Nutrient Comparison: Boiled Peanuts with Salt VS Acorns per 14 oz
Compare the macro and micronutrient content in 14 oz of Boiled Peanuts with Salt versus 14 oz of Acorns to make informed dietary choices. Explore their nutritional differences and benefits.
Lets compare vitamin content per 14 ounces of Boiled Peanuts with Salt vs Acorns:
- 14 ounces of Boiled Peanuts with Salt have 2.3 times more Vitamin B1 and 2.9 times more Vitamin B3 than Acorns.
- While 14 oz of Raw Acorns contain 1.9 times more Vitamin B2 and 3.5 times more Vitamin B6 than Boiled Peanuts with Salt.
- Both Boiled Peanuts with Salt and Acorns provide similar amounts of Vitamin B5 and Vitamin B9 per 14 ounces.
- Both Boiled Peanuts with Salt as well as Raw Acorns have insufficient amounts of Vitamin A, Vitamin B12 and Vitamin C in 14 ounces.

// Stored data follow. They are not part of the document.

-- ===== src/Print.antt =====
-- kernel/arch/i386/_print.c, and printk.c which calls it: the printing routines over an abstract
-- `VGA_PUTC`. What a routine puts out is the list of its characters, in order.
pub mod Format
pub mod Numbers
pub mod Directive
pub mod Parse
pub mod Digits
pub mod Decimal
pub mod Signed
pub mod Radix
pub mod Total
pub mod Pieces
mod Tests
use trash_os.Base.{
  ℕ, zero, suc, ◌+◌, Bool, true, false, List, [], ◌++◌, ◌∷◌, ◌==◌, if◌then◌else◌, length,
}
use trash_os.Base.Runs.{Run, ok, out_of_fuel, ◌>>=◌}
use Format.{char_at, parse_format}
use Numbers.{Printed, printed}
use Directive.{Arg, print_format}

-- One round of the loop of `_print` is taken for each unit of `steps`; `fuel` is that of `div64`.
unfoldable pub print_loop : ℕ → ℕ → List ℕ → ℕ → Bool → List Arg → Run Printed
print_loop zero fuel format i pattern args = out_of_fuel
print_loop (suc steps) fuel format i pattern args = do
  c ← char_at format i
  let directive : Run Printed = do
    f ← parse_format format i
    r ← print_format fuel i args f
    rest ← print_loop steps fuel format (r.at + 1) false r.args
    ok (printed (r.chars ++ rest.chars) (r.bytes + rest.bytes))
  let start = print_loop steps fuel format (i + 1) true args
  let plain : Run Printed = do
    rest ← print_loop steps fuel format (i + 1) false args
    ok (printed (c ∷ rest.chars) (1 + rest.bytes))
  if c == 0
      then ok (printed [] 0)
      else (if pattern then directive else (if c == b'%' then start else plain))

-- `_print`: a round for each character and one for the terminator.
unfoldable pub print : ℕ → List ℕ → List Arg → Run Printed
unfolding print_loop
print fuel format args = print_loop (length format + 1) fuel format 0 false args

Comparing minerals per 14 ounces for Boiled Peanuts with Salt vs Acorns:
- 14 ounces of Boiled Peanuts with Salt have 1.3 times more Calcium, 1.3 times more Iron, 1.6 times more Magnesium, 2.5 times more Phosphorus, more Sodium and 3.6 times more Zinc than Acorns.
- While 14 oz of Raw Acorns contain 1.3 times more Manganese and 3 times more Potassium than Boiled Peanuts with Salt.

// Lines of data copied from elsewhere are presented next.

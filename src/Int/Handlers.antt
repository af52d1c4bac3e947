-- ===== src/Int/Handlers.antt =====
-- The handlers of int.c: each prints a message and waits.
use trash_os.Base.{
  ℕ, Bool, List, [], ◌∷◌, Option, none, some, ◌==◌, if◌then◌else◌, bits, codes, map,
}
use trash_os.Base.Runs.{Run, ok, ◌>>=◌}
use trash_os.Cpu.{Cpu, get_cr2, get_sp, halt}
use trash_os.Print.{print}
use trash_os.Print.Numbers.{Printed}
use trash_os.Print.Directive.{word}
use trash_os.Int.{
  Handler, divide_error, debug, nmi_interrupt, breakpoint, overflow, bound_range_exceeded,
  invalid_opcode, device_not_available, double_fault, coprocessor_segment_overrun, invalid_tss,
  segment_not_present, stack_fault, general_protection, page_fault, exception, proc_switch, unknown,
}

-- `interrupt_frame_t`
pub record Frame : Type 0 where
  pub ip : ℕ
  pub cs : ℕ
  pub flags : ℕ
  pub sp : ℕ
  pub ss : ℕ

-- `error_code_page_t`, without its reserved bits.
pub record ErrorCodePage : Type 0 where
  pub violation : ℕ
  pub write : ℕ
  pub user_mode : ℕ
  pub reserved : ℕ
  pub instruction : ℕ
  pub protection : ℕ
  pub sgx : ℕ

unfoldable pub error_code_page : ℕ → ErrorCodePage
error_code_page raw = record {
  violation = bits raw 0 1;
  write = bits raw 1 1;
  user_mode = bits raw 2 1;
  reserved = bits raw 3 1;
  instruction = bits raw 4 1;
  protection = bits raw 5 1;
  sgx = bits raw 15 1;
}

-- A call of `printk`: the format string, and the arguments, which all are words.
pub record Message : Type 0 where
  pub format : List ℕ
  pub words : List ℕ

abbrev pub message : List ℕ → List ℕ → Message
message format words = record { format = format; words = words }

-- `int_handle_page_fault`
unfoldable pub page_fault_message : Cpu → Frame → ℕ → Message
page_fault_message c frame error_raw =
    let error = error_code_page error_raw in
    let cr2 = get_cr2 c in
    let user =
      message (codes "USER PAGE FAULT (%p): ip: %p, error: %p\n")
        (cr2 ∷ frame.ip ∷ error_raw ∷ []) in
    let absent =
      message (codes "SUPERVISOR PAGE ABSENT (%p): ip: %p, error: %p, sp: %p\n")
        (cr2 ∷ frame.ip ∷ error_raw ∷ get_sp c ∷ []) in
    let other =
      message (codes "UNKNOWN PAGE FAULT (%p): ip: %p, error: %p\n")
        (cr2 ∷ frame.ip ∷ error_raw ∷ []) in
    if error.user_mode == 0 then (if error.violation == 0 then absent else other) else user

-- The message of a handler; `int_handle_proc_switch` has none. `at` is the address of the frame.
unfoldable pub message_of : Cpu → ℕ → Frame → ℕ → Handler → Option Message
unfolding page_fault_message
message_of c at frame error exception = some (
    message (codes "EXC: IP: %p CS: %p FLAGS: %p ERROR: %u\n")
      (frame.ip ∷ frame.cs ∷ frame.flags ∷ error ∷ []))
message_of c at frame error divide_error =
    some (message (codes "Divide Error Exception: ip: %p") (frame.ip ∷ []))
message_of c at frame error debug =
    some (message (codes "Debug Exception: ip: %p\n") (frame.ip ∷ []))
message_of c at frame error nmi_interrupt =
    some (message (codes "NMI Interrupt: ip: %p\n") (frame.ip ∷ []))
message_of c at frame error breakpoint =
    some (message (codes "Breakpoint Exception: ip: %p\n") (frame.ip ∷ []))
message_of c at frame error overflow =
    some (message (codes "Overflow Exception: ip: %p\n") (frame.ip ∷ []))
message_of c at frame error bound_range_exceeded =
    some (message (codes "BOUND Range Exceeded Exception: ip: %p\n") (frame.ip ∷ []))
message_of c at frame error invalid_opcode =
    some (message (codes "Invalid Opcode Exception: ip: %p\n") (frame.ip ∷ []))
message_of c at frame error device_not_available =
    some (message (codes "Device Not Available Exception: ip: %p\n") (frame.ip ∷ []))
message_of c at frame error double_fault =
    some (message (codes "Double Fault Exception: ip: %p, error: %p\n") (frame.ip ∷ error ∷ []))
message_of c at frame error coprocessor_segment_overrun =
    some (message (codes "Coprocessor Segment Overrun: ip: %p\n") (frame.ip ∷ []))
message_of c at frame error invalid_tss =
    some (message (codes "Invalid TSS Exception: ip: %p, error: %p\n") (frame.ip ∷ error ∷ []))
message_of c at frame error segment_not_present =
    some (message (codes "Segment Not present: ip: %p, error: %p\n") (frame.ip ∷ error ∷ []))
message_of c at frame error stack_fault =
    some (message (codes "Stack Fault Exception: ip: %p, error: %p\n") (frame.ip ∷ error ∷ []))
message_of c at frame error general_protection =
    some
      (message (codes "General Protection Exception: ip: %p, error: %p\n") (frame.ip ∷ error ∷ []))
message_of c at frame error unknown = some (message (codes "UNKNOWN INTERRUPT! %p") (at ∷ []))
message_of c at frame error page_fault = some (page_fault_message c frame error)
message_of c at frame error proc_switch = none

-- A handler that prints: `wakes` says whether an interrupt ends its `halt`, after which it returns.
unfoldable pub int_handle : ℕ → Bool → Message → Run Printed
int_handle fuel wakes m = do out ← print fuel m.format (map word m.words); halt wakes (ok out)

- Both Boiled Peanuts with Salt and Acorns contain similar levels of Copper per 14 ounces.
Comparison of macro-nutrients per 14 ounces:
- 14 ounces of Boiled Peanuts with Salt have 1.5 times more Omega 6 and 2.2 times more Protein than Acorns.
- While 14 oz of Raw Acorns contain 1.9 times more Carbohydrate than Boiled Peanuts with Salt.
- Both Boiled Peanuts with Salt and Acorns offer comparable quantities of Energy, Fat and Saturated Fat per 14 ounces.